Moreover, the custodians of the Association and its Cairo chapter filed a complaint on Monday with Prosecutor-General Ragaa El-Arabi, asking him to take all the necessary legal measures to protect the syndicate's offices. They maintained that convening a general assembly in this way was a violation of the law.

Ahmed Reda Ghatwari, one of the three custodians, argued that the signatures of 1,263 lawyers who had submitted the request for convening the assembly had not been endorsed by the branch syndicates, as required by law. He also said that the request should not have been submitted to the custodians because they do not play the role of syndicate chairman. El-Arabi referred the custodians' complaint to the district prosecutor for central Cairo to take the necessary action.

For their part, the lawyers vowed not to give in. "The custodians have no legal right to cancel or delay our meeting," Sameh Ashour, a candidate for the post of syndicate chairman, told Al-Ahram Weekly. "The general assembly will convene on schedule."

According to Ashour, the law stipulates that a meeting of the general assembly be held one month after a request is submitted. "We submitted the memorandum on 17 February to the custodians and all our measures are legally correct. The law does not make the approval of the custodians a pre-requisite for holding the assembly."

If the assembly convenes, lawyers said they would establish an interim committee to take over the Association, even if it came to using force. The committee would also make preparations for elections that would be held within 60 days, bringing the sequestration to an end. Ghatwari argued that only a court order, not a general assembly, can abolish the custodianship. The current situation was reminiscent of an earlier general assembly, held in May 1997, in which recommendations were shelved on the grounds that the meeting was illegal.

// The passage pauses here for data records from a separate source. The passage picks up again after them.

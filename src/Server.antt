-- ===== src/Server.antt =====
-- src/drogon_server.cpp: the tables of the server, the limits of its routes, its handlers off the
-- main thread, and its start and stop.
pub mod Limits
pub mod Tables
pub mod Handlers
pub mod NativeStream
pub mod Lifecycle
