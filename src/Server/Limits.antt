-- ===== src/Server/Limits.antt =====
-- Rate limits in src/drogon_server.cpp: buildLimitersForPath and checkRateLimits.
-- A limiter is known by a number, in the order in which they are made. A window is a double: its
-- comparison is an argument.
pub mod Laws
use drogon_r.Prelude.{
  ℕ, suc, ◌+◌, Bool, true, false, ◌||◌, List, [], ◌∷◌, ◌++◌, Option, none, some, ◌==◌, ltb,
  if◌then◌else◌,
}
use drogon_r.Prelude.Bytes.{Bytes, codes, starts_with}
use drogon_r.Prelude.Sexp.{ℤ, Real, finite}
use drogon_r.Dispatch.Reply.{text_plain}

pub data RateLimiterType : Type 0 where
  sliding_window fixed_window token_bucket : RateLimiterType

pub record RateLimitRule : Type 0 where
  pub capacity : ℤ
  pub window : Real
  pub type : RateLimiterType
  pub global_scope : Bool
  pub route_prefixes : List Bytes
  pub shared_limiter : Option ℕ

-- A limiter as RateLimiter::newRateLimiter made it.
pub record Limiter : Type 0 where
  pub type : RateLimiterType
  pub capacity : ℤ
  pub window : Real

pub record RouteLimiters : Type 0 where
  pub limiters : List ℕ
  pub max_window : Real

-- The limiters that exist, which numbers index, and the rules.
pub record LimitWorld : Type 0 where
  pub made : List Limiter
  pub next_limiter : ℕ
  pub rules : List RateLimitRule

unfoldable pub has_prefix : List Bytes → Bytes → Bool
has_prefix [] path = false
has_prefix (pfx ∷ pfxs) path = if starts_with pfx path then true else has_prefix pfxs path

abbrev pub matches : RateLimitRule → Bytes → Bool
matches rule path = elim rule.route_prefixes [ [] ↦ true | p ∷ ps ↦ has_prefix (p ∷ ps) path ]

abbrev pub limiter_of : RateLimitRule → Limiter
limiter_of rule = record { type = rule.type; capacity = rule.capacity; window = rule.window }

-- What one rule that applies to a path gives: its limiter, the rule, and what has been made.
pub record Applied : Type 0 where
  pub limiter : ℕ
  pub rule : RateLimitRule
  pub made : List Limiter
  pub next_limiter : ℕ

unfoldable pub apply_rule : RateLimitRule → List Limiter → ℕ → Applied
apply_rule rule made n =
    let fresh : Applied = record {
      limiter = n;
      rule = rule;
      made = made ++ limiter_of rule ∷ [];
      next_limiter = suc n;
    } in
    if rule.global_scope
    then (elim rule.shared_limiter [
      | some l ↦ record { limiter = l; rule = rule; made = made; next_limiter = n }
      | none ↦ record fresh { rule = record rule { shared_limiter = some n } }
    ])
    else fresh

module _ (gt : Real → Real → Bool) where
  abbrev pub longer : Real → Real → Real
  longer window max = if gt window max then window else max

  -- The loop's body for one rule, and the loop.
  unfoldable pub limit_rule :
      Bytes → RateLimitRule → RouteLimiters → List Limiter → ℕ → RouteLimiters × Applied
  unfolding has_prefix apply_rule
  limit_rule path rule out made n =
      let a = apply_rule rule made n in
      if matches rule path
      then (
        record {
          limiters = out.limiters ++ a.limiter ∷ [];
          max_window = longer rule.window out.max_window;
        },
        a,
      )
      else (out, record { limiter = n; rule = rule; made = made; next_limiter = n })

  unfoldable pub limit_rules :
      Bytes
      → List RateLimitRule
      → RouteLimiters
      → List Limiter
      → ℕ
      → RouteLimiters × List RateLimitRule × List Limiter × ℕ
  unfolding limit_rule
  limit_rules path [] out made n = (out, [], made, n)
  limit_rules path (rule ∷ rules) out made n =
      let (out1, a) = limit_rule path rule out made n in
      let (out2, rules2, made2, n2) = limit_rules path rules out1 a.made a.next_limiter in
      (out2, a.rule ∷ rules2, made2, n2)

  unfoldable pub build_limiters_for_path : Bytes → LimitWorld → RouteLimiters × LimitWorld
  unfolding limit_rules
  build_limiters_for_path path w =
      let (out, rules, made, n) =
        limit_rules path w.rules (record { limiters = []; max_window = finite 0 }) w.made
          w.next_limiter in
      (out, record { rules = rules; made = made; next_limiter = n })

-- isAllowed of each limiter in turn: the state of the limiters is an argument, `is_allowed` is Drogon's.
module _ {S : Type 0} (is_allowed : ℕ → S → Bool × S) where
  -- Whether the request may pass; the first limiter that rejects ends the loop.
  unfoldable pub check_rate_limits : List ℕ → S → Bool × S
  check_rate_limits [] s = (true, s)
  check_rate_limits (l ∷ ls) s =
      let (ok, s') = is_allowed l s in
      let rest = check_rate_limits ls s' in if ok then rest else (false, s')
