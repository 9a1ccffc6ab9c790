-- ===== src/Server/Tables.antt =====
-- The registrations of src/drogon_server.cpp. `false` is an R error, which leaves what was done before.
pub mod RateLimits
pub mod Laws
use drogon_r.Prelude.{
  ℕ, suc, ◌+◌, Bool, true, false, ◌&&◌, List, [], ◌∷◌, ◌++◌, Option, none, some, ◌==◌,
  if◌then◌else◌, ◌>>=◌, map,
}
use drogon_r.Prelude.Bytes.{Bytes}
use drogon_r.Prelude.Sexp.{Sexp, null, strings, closure, external_ptr, RString, char}
use drogon_r.Prelude.Preserved.{preserve, release_hook}
use drogon_r.Dispatch.Request.{Route}
use drogon_r.Server.Limits.{RateLimitRule}

pub record StaticMount : Type 0 where
  pub mount : Bytes
  pub dir : Bytes

-- The C function is known by its address.
pub record CppRoute : Type 0 where
  pub method : Bytes
  pub path : Bytes
  pub regex : Bytes
  pub param_names : List Bytes
  pub fn : ℕ

pub record CppStreamRoute : Type 0 where
  pub method : Bytes
  pub path : Bytes
  pub regex : Bytes
  pub param_names : List Bytes
  pub fn : ℕ
  pub content_type : Bytes

pub record Tables : Type 0 where
  pub running : Bool
  pub routes : List Route
  pub cpp_routes : List CppRoute
  pub cpp_stream_routes : List CppStreamRoute
  pub static_mounts : List StaticMount
  pub rate_limit_rules : List RateLimitRule
  pub preserved : List ℕ

abbrev pub single_text : Sexp → Option Bytes
single_text (strings a (s ∷ [])) = some (char s)
single_text x = none

abbrev pub all_texts : Sexp → Option (List Bytes)
all_texts (strings a ss) = some (map char ss)
all_texts x = none

abbrev pub function_of : Sexp → Option ℕ
function_of (closure c) = some c
function_of x = none

-- An external pointer that is not NULL.
abbrev pub address_of : Sexp → Option ℕ
address_of (external_ptr p) = if p == 0 then none else some p
address_of x = none

-- `NA` for the default content type.
abbrev pub text_or_default : Sexp → Option Bytes
text_or_default (strings a (none ∷ [])) = some []
text_or_default (strings a (some s ∷ [])) = some s
text_or_default x = none

abbrev pub or_error : Tables → Option Tables → Tables × Bool
or_error t none = (t, false)
or_error t (some t') = (t', true)

abbrev pub unless_running : Tables → Option Tables → Tables × Bool
unless_running t change = if t.running then (t, false) else or_error t change

abbrev pub route_change : Sexp → Sexp → Sexp → Sexp → Sexp → Tables → Option Tables
route_change method path regex param_names handler t = single_text method >>= λ m.
    single_text path >>= λ p. single_text regex >>= λ r. all_texts param_names >>= λ ns.
    function_of handler >>= λ c. some (record t {
      routes =
          t.routes
          ++ record { method = m; path = p; regex = r; param_names = ns; handler = closure c } ∷ [];
      preserved = preserve c t.preserved;
    })

unfoldable pub register_route : Sexp → Sexp → Sexp → Sexp → Sexp → Tables → Tables × Bool
register_route method path regex param_names handler t =
    unless_running t (route_change method path regex param_names handler t)

abbrev pub static_change : Sexp → Sexp → Tables → Option Tables
static_change mount dir t = single_text mount >>= λ m. single_text dir >>= λ d.
    some (record t { static_mounts = t.static_mounts ++ record { mount = m; dir = d } ∷ [] })

unfoldable pub register_static : Sexp → Sexp → Tables → Tables × Bool
register_static mount dir t = unless_running t (static_change mount dir t)

abbrev pub cpp_route_change : Sexp → Sexp → Sexp → Sexp → Sexp → Tables → Option Tables
cpp_route_change method path regex param_names ptr t = single_text method >>= λ m.
    single_text path >>= λ p. single_text regex >>= λ r. all_texts param_names >>= λ ns.
    address_of ptr >>= λ f. some (record t {
      cpp_routes =
          t.cpp_routes ++ record { method = m; path = p; regex = r; param_names = ns; fn = f } ∷ [];
    })

unfoldable pub register_cpp_route : Sexp → Sexp → Sexp → Sexp → Sexp → Tables → Tables × Bool
register_cpp_route method path regex param_names ptr t =
    unless_running t (cpp_route_change method path regex param_names ptr t)

abbrev pub cpp_stream_route_change :
    Sexp → Sexp → Sexp → Sexp → Sexp → Sexp → Tables → Option Tables
cpp_stream_route_change method path regex param_names ptr content_type t =
    single_text method >>= λ m. single_text path >>= λ p. single_text regex >>= λ r.
    all_texts param_names >>= λ ns. text_or_default content_type >>= λ ct. address_of ptr >>= λ f.
    some (record t {
      cpp_stream_routes =
          t.cpp_stream_routes
          ++ record { method = m; path = p; regex = r; param_names = ns; fn = f; content_type = ct }
            ∷ [];
    })

unfoldable pub register_cpp_stream_route :
    Sexp → Sexp → Sexp → Sexp → Sexp → Sexp → Tables → Tables × Bool
register_cpp_stream_route method path regex param_names ptr content_type t =
    unless_running t (cpp_stream_route_change method path regex param_names ptr content_type t)

abbrev pub handler_ref : Route → Option ℕ
handler_ref r = function_of r.handler

unfoldable pub release_handlers : List Route → List ℕ → List ℕ
release_handlers [] kept = kept
release_handlers (r ∷ rs) kept = release_handlers rs (release_hook (handler_ref r) kept)

unfoldable pub clear_routes : Tables → Tables × Bool
unfolding release_handlers
clear_routes t = if t.running then (t, false) else (
  record t {
    routes = [];
    cpp_routes = [];
    cpp_stream_routes = [];
    static_mounts = [];
    rate_limit_rules = [];
    preserved = release_handlers t.routes t.preserved;
  },
  true,
)
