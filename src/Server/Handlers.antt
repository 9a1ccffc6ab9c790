-- ===== src/Server/Handlers.antt =====
-- The handlers that src/drogon_server.cpp gives to Drogon, as they run on an I/O thread and on a
-- worker of the native pool: makeRateLimitResponse, methodFromString, installDrogonHandler,
-- installCppHandler and the head of installCppStreamHandler.
pub mod Serve
pub mod Laws
use drogon_r.Prelude.{
  ℕ, ◌+◌, Bool, true, false, List, [], ◌∷◌, ◌++◌, Option, none, some, ◌==◌, ltb, if◌then◌else◌,
  length, map,
}
use drogon_r.Prelude.Bytes.{Bytes, codes, bytes_eq, c_string}
use drogon_r.Prelude.Sexp.{ℤ, pos, negsuc, Real}
use drogon_r.Json.Escape.{print_int}
use drogon_r.Queue.{QueueState, enqueue_request}
use drogon_r.Dispatch.Request.{PendingRequest}
use drogon_r.Dispatch.Reply.{ContentType, default_type, text_plain, custom}
use drogon_r.Server.Limits.{RouteLimiters, check_rate_limits}
use drogon_r.Server.Tables.{CppStreamRoute}

pub data HttpMethod : Type 0 where
  get post put delete patch head options : HttpMethod

unfoldable pub method_from_string : Bytes → HttpMethod
unfolding bytes_eq
method_from_string m =
    if bytes_eq m (codes "GET")
    then get
    else if bytes_eq m (codes "POST")
    then post
    else if bytes_eq m (codes "PUT")
    then put
    else if bytes_eq m (codes "DELETE")
    then delete
    else if bytes_eq m (codes "PATCH")
    then patch
    else if bytes_eq m (codes "HEAD")
    then head
    else if bytes_eq m (codes "OPTIONS")
    then options
    else get

-- A request of Drogon; `ticket` stands for its callback.
pub record HttpRequest : Type 0 where
  pub method_string : Bytes
  pub path : Bytes
  pub body : Bytes
  pub query : Bytes
  pub headers : List (Bytes × Bytes)
  pub parameters : List (Bytes × Bytes)
  pub routing_parameters : List Bytes
  pub ticket : ℕ
  pub connected : Bool

-- A response that C++ gives without R. Its status is an `int` that is cast to Drogon's enumeration.
pub record NativeResponse : Type 0 where
  pub status : ℤ
  pub content_type : ContentType
  pub body : Bytes
  pub headers : List (Bytes × Bytes)

-- What the worker hands to the backend's C function. A missing query is a null pointer, and headers
-- are names and values in turn.
pub record Snapshot : Type 0 where
  pub body : Bytes
  pub query : Option Bytes
  pub path_params : List Bytes
  pub headers : List Bytes

pub record CppTask : Type 0 where
  pub fn : ℕ
  pub snapshot : Snapshot
  pub ticket : ℕ

-- A buffer that the backend allocated: its address, and what it holds, as many bytes as the length
-- says that the backend gives with it (a content type is a C string).
pub record Buffer : Type 0 where
  pub address : ℕ
  pub bytes : Bytes

-- How a call of the C function ends: its result, `none` if it threw, and its output parameters.
pub record Outcome : Type 0 where
  pub rc : Option ℤ
  pub out_body : Option Buffer
  pub out_status : ℤ
  pub out_content_type : Option Buffer

-- What the threads of the server share. `S` is the state of the limiters.
pub record Io (S : Type 0) : Type 0 where
  pub queue : QueueState PendingRequest
  pub limits : S
  pub answers : List (ℕ × NativeResponse)
  pub tasks : List CppTask
  pub streams : List CppTask
  pub frees : List ℕ

-- The arithmetic on a window: whether it is above zero, and its ceiling as an `int`.
pub record Seconds : Type 0 where
  pub positive : Real → Bool
  pub ceil : Real → ℤ

unfoldable pub make_rate_limit_response : Seconds → Real → NativeResponse
unfolding print_int
make_rate_limit_response secs retry_after = record {
  status = pos 429;
  content_type = text_plain;
  body = codes "429 Too Many Requests";
  headers =
      (
        codes "Retry-After",
        print_int (if secs.positive retry_after then secs.ceil retry_after else pos 1),
      )
      ∷ [];
}

abbrev pub queue_full_response : NativeResponse
queue_full_response = record {
  status = pos 503;
  content_type = default_type;
  body = codes "503 Service Unavailable: request queue is full";
  headers = [];
}

abbrev pub backend_failed_response : NativeResponse
backend_failed_response = record {
  status = pos 500;
  content_type = text_plain;
  body = codes "500 Internal Server Error: native backend returned non-zero";
  headers = [];
}

-- The pointers that the worker builds are to C strings.
unfoldable pub flatten : List (Bytes × Bytes) → List Bytes
flatten [] = []
flatten ((name, value) ∷ hs) = name ∷ value ∷ flatten hs

abbrev pub query_or_null : Bytes → Option Bytes
query_or_null [] = none
query_or_null (c ∷ cs) = some (c_string (c ∷ cs))

unfoldable pub snapshot_of : HttpRequest → Snapshot
unfolding c_string flatten
snapshot_of req = record {
  body = req.body;
  query = query_or_null req.query;
  path_params = map c_string req.routing_parameters;
  headers = map c_string (flatten req.headers);
}

unfoldable pub pending_of : ℤ → HttpRequest → PendingRequest
pending_of route_id req = record {
  method = req.method_string;
  path = req.path;
  body = req.body;
  headers = req.headers;
  queries = req.parameters;
  path_params = req.routing_parameters;
  ticket = req.ticket;
  connected = req.connected;
  route_id = route_id;
}

abbrev pub free_buffer : Option Buffer → List ℕ → List ℕ
free_buffer none frees = frees
free_buffer (some b) frees = frees ++ b.address ∷ []

abbrev pub bytes_of : Option Buffer → Bytes
bytes_of none = []
bytes_of (some b) = b.bytes

abbrev pub content_type_or : Bytes → Option Buffer → ContentType
content_type_or default none = custom default
content_type_or default (some b) = custom (c_string b.bytes)

-- `rc`, which is -1 behind a throw.
abbrev pub failed : Option ℤ → Bool
failed none = true
failed (some (pos n)) = ltb 0 n
failed (some (negsuc n)) = true

unfoldable pub respond_native : Outcome → NativeResponse
unfolding c_string
respond_native out = if failed out.rc then backend_failed_response else record {
  status = out.out_status;
  content_type = content_type_or (codes "application/octet-stream") out.out_content_type;
  body = bytes_of out.out_body;
  headers = [];
}

-- Both buffers are freed on either branch.
unfoldable pub free_outputs : Outcome → List ℕ → List ℕ
free_outputs out frees = free_buffer out.out_content_type (free_buffer out.out_body frees)

-- The head of a stream is answered at once; the worker's task then pushes the chunks.
abbrev pub stream_head_response : Bytes → NativeResponse
stream_head_response content_type = record {
  status = pos 200;
  content_type = custom content_type;
  body = [];
  headers = [];
}

abbrev pub default_content_type : Bytes → Bytes
default_content_type [] = codes "text/event-stream"
default_content_type (c ∷ cs) = c ∷ cs
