-- ===== src/Server/Handlers/Serve.antt =====
-- The handlers of src/drogon_server.cpp as steps on what the threads share.
use drogon_r.Prelude.{ℕ, Bool, [], ◌∷◌, ◌++◌, if◌then◌else◌}
use drogon_r.Prelude.Bytes.{Bytes}
use drogon_r.Prelude.Sexp.{ℤ}
use drogon_r.Queue.{enqueue_request}
use drogon_r.Server.Limits.{RouteLimiters, check_rate_limits}
use drogon_r.Server.Handlers.{
  CppTask, HttpRequest, Io, NativeResponse, Outcome, Seconds, Snapshot, default_content_type,
  free_outputs, make_rate_limit_response, pending_of, queue_full_response, respond_native,
  snapshot_of, stream_head_response,
}

module _ {S : Type 0} where
  abbrev pub answer : ℕ → NativeResponse → Io S → Io S
  answer ticket resp io = record io { answers = io.answers ++ (ticket, resp) ∷ [] }

  -- The task of installCppHandler, on a worker; it has left the pool's queue.
  unfoldable pub run_cpp_task : (ℕ → Snapshot → Outcome) → CppTask → Io S → Io S
  unfolding respond_native free_outputs
  run_cpp_task backend t io =
      let out = backend t.fn t.snapshot in
      answer t.ticket (respond_native out) (record io { frees = free_outputs out io.frees })

  -- The tails of the handlers, behind the limits.
  unfoldable pub serve_r : ℤ → HttpRequest → Io S → Io S
  unfolding enqueue_request pending_of
  serve_r route_id req io =
      let (q, ok) = enqueue_request (pending_of route_id req) io.queue in
      if ok then record io { queue = q } else answer req.ticket queue_full_response io

  unfoldable pub serve_cpp : ℕ → HttpRequest → Io S → Io S
  unfolding snapshot_of
  serve_cpp fn req io = record io {
    tasks = io.tasks ++ record { fn = fn; snapshot = snapshot_of req; ticket = req.ticket } ∷ [];
  }

  unfoldable pub serve_cpp_stream : ℕ → Bytes → HttpRequest → Io S → Io S
  unfolding snapshot_of
  serve_cpp_stream fn content_type req io =
      let io' = answer req.ticket (stream_head_response (default_content_type content_type)) io in
      record io' {
        streams =
            io.streams ++ record { fn = fn; snapshot = snapshot_of req; ticket = req.ticket } ∷ [];
      }

  module _ (is_allowed : ℕ → S → Bool × S) (secs : Seconds) where
    -- `if (!rl.empty())`, then checkRateLimits: a limited request is answered with 429.
    unfoldable pub behind_limits : RouteLimiters → HttpRequest → (Io S → Io S) → Io S → Io S
    unfolding check_rate_limits make_rate_limit_response
    behind_limits rl req serve io = elim rl.limiters [
      | [] ↦ serve io
      | l ∷ ls ↦
          let (ok, limits) = check_rate_limits is_allowed (l ∷ ls) io.limits in
          let io' : Io S = record io { limits = limits } in
          if ok
          then serve io'
          else answer req.ticket (make_rate_limit_response secs rl.max_window) io'
    ]

    unfoldable pub drogon_handler : RouteLimiters → ℤ → HttpRequest → Io S → Io S
    unfolding behind_limits serve_r
    drogon_handler rl route_id req io = behind_limits rl req (serve_r route_id req) io

    unfoldable pub cpp_handler : RouteLimiters → ℕ → HttpRequest → Io S → Io S
    unfolding behind_limits serve_cpp
    cpp_handler rl fn req io = behind_limits rl req (serve_cpp fn req) io

    unfoldable pub cpp_stream_handler : RouteLimiters → ℕ → Bytes → HttpRequest → Io S → Io S
    unfolding behind_limits serve_cpp_stream
    cpp_stream_handler rl fn content_type req io =
        behind_limits rl req (serve_cpp_stream fn content_type req) io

The situation deteriorated further last week after a judicial committee, empowered by law to supervise elections, sent back to the custodians the lists of voters they had submitted to it. The committee said the lists needed to be revised in order to remove the names of lawyers who are not qualified to vote.

A recent statement by the Arab Centre for the Independence of the Judiciary and the Legal Profession said it was the legal responsibility of the judicial committee to examine the voters' lists. The centre declared full support for the action taken by the lawyers. "It has become very clear that the government would not allow fair elections to take place," said Nasser Amin, the centre's head. He dismissed as a "sedative" promises by high-ranking state officials that the Bar crisis would be resolved soon.

Lawyers said that sending back the voters' lists to the custodians was a pretext for delaying elections. About 100 lawyers, dressed in black robes, organised a protest march on Monday inside the Cairo Southern Court and headed towards the office of the court's chief justice, Mahfouz Shouman, who acts as the head of the judicial committee. They submitted a memorandum to Shouman, urging that elections be held as soon as possible.

Shouman said he did not have time to check the lists of voters at all professional syndicates and suggested that the law governing professional syndicates be amended to allow the judicial committee to form other committees to examine the lists of voters. According to Shouman, the task of the judicial committee in fixing a date for the elections only begins after receiving the lists of voters.